RECORD EXTRACTS:
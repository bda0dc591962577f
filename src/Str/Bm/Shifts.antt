-- ===== src/Str/Bm/Shifts.antt =====
-- The shifts of src/str/bm.c that may give a match, in terms of the suffixes of the pattern.
use nebase.Base.{
  ℕ, suc, ◌-◌, ◌≤◌, ◌<◌, ◌==◌, ltb, ◌≡◌, arith, false, inl, inr, ap, ap₂, ◌∙◌, Bool-cases,
}
use nebase.Str.Bm.{Bytes, suffixes}
use nebase.Str.Bm.Suffixes.{IsSuffix}

-- A shift by `d` after a mismatch at `j`: the bytes behind `j` meet equal ones, or the start of
-- the pattern has passed them, and the byte at `j` meets another one, or none.
pub record IsGood (x : Bytes) (m j d : ℕ) : Type 0 where
  pub same : (k : ℕ) → j < k → k < m → d ≤ k → x (k - d) ≡ x k
  pub differs : d ≤ j → (x (j - d) == x j) ≡ false

-- A suffix whose length is that of another is that one.
IsSuffix-unique :
    (x : Bytes) (m i k l : ℕ)
    → i < m
    → IsSuffix x m i k
    → l ≤ suc i
    → ((t : ℕ) → t < l → x (i - t) ≡ x (m - 1 - t))
    → (l < suc i → (x (i - l) == x (m - 1 - l)) ≡ false)
    → k ≡ l
IsSuffix-unique x m i k l lt v le same differs = elim (Bool-cases (ltb k l)) [
  | inl short ↦
      let e = same k (ground arith) in
      let d = v.differs (ground arith) in absurd (ground (arith, e, d))
  | inr other ↦ elim (Bool-cases (ltb l k)) [
    | inl long ↦
        let e = v.same l (ground arith) in
        let d = differs (ground (arith, v.le)) in absurd (ground (arith, e, d))
    | inr even ↦ ground arith
  ]
]

-- A good shift within the pattern that leaves the byte at `j` in it shows in the suffixes, at the
-- byte that the last one meets.
pub good_inside :
    (x : Bytes) (m j d : ℕ)
    → j < m
    → 0 < d
    → d ≤ j
    → IsGood x m j d
    → IsSuffix x m (m - 1 - d) (suffixes x m (m - 1 - d))
    → suffixes x m (m - 1 - d) ≡ m - 1 - j
good_inside x m j d lt some_shift le g v =
    IsSuffix-unique x m (m - 1 - d) (suffixes x m (m - 1 - d)) (m - 1 - j) (omega arith) v
      (omega arith)
      (λ t inside.
        ap x (omega arith) ∙ g.same (m - 1 - t) (omega arith) (omega arith) (omega arith))
      (λ inside. ap₂ (λ a b. x a == x b) (omega arith) (omega arith) ∙ g.differs le)

-- A good shift beyond the byte at `j` leaves a start of the pattern that is also its end.
pub good_beyond :
    (x : Bytes) (m j d : ℕ)
    → d < m
    → 0 < d
    → j < d
    → IsGood x m j d
    → IsSuffix x m (m - 1 - d) (suffixes x m (m - 1 - d))
    → suffixes x m (m - 1 - d) ≡ suc (m - 1 - d)
good_beyond x m j d lt some_shift beyond g v =
    IsSuffix-unique x m (m - 1 - d) (suffixes x m (m - 1 - d)) (suc (m - 1 - d)) (omega arith) v
      (omega arith)
      (λ t inside.
        ap x (omega arith) ∙ g.same (m - 1 - t) (omega arith) (omega arith) (omega arith))
      (λ inside. absurd (omega arith))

EXERCISE DIRECTIONS: Copy out the listing above, line by line and exactly, from its first line to the line holding "-- A shift by", inclusive.

ANSWER TO THIS PROBLEM:
repository bda0dc591962577f
filename src/Str/Bm/Shifts.antt
-- ===== src/Str/Bm/Shifts.antt =====
-- The shifts of src/str/bm.c that may give a match, in terms of the suffixes of the pattern.
use nebase.Base.{
  ℕ, suc, ◌-◌, ◌≤◌, ◌<◌, ◌==◌, ltb, ◌≡◌, arith, false, inl, inr, ap, ap₂, ◌∙◌, Bool-cases,
}
use nebase.Str.Bm.{Bytes, suffixes}
use nebase.Str.Bm.Suffixes.{IsSuffix}

-- A shift by `d` after a mismatch at `j`: the bytes behind `j` meet equal ones, or the start of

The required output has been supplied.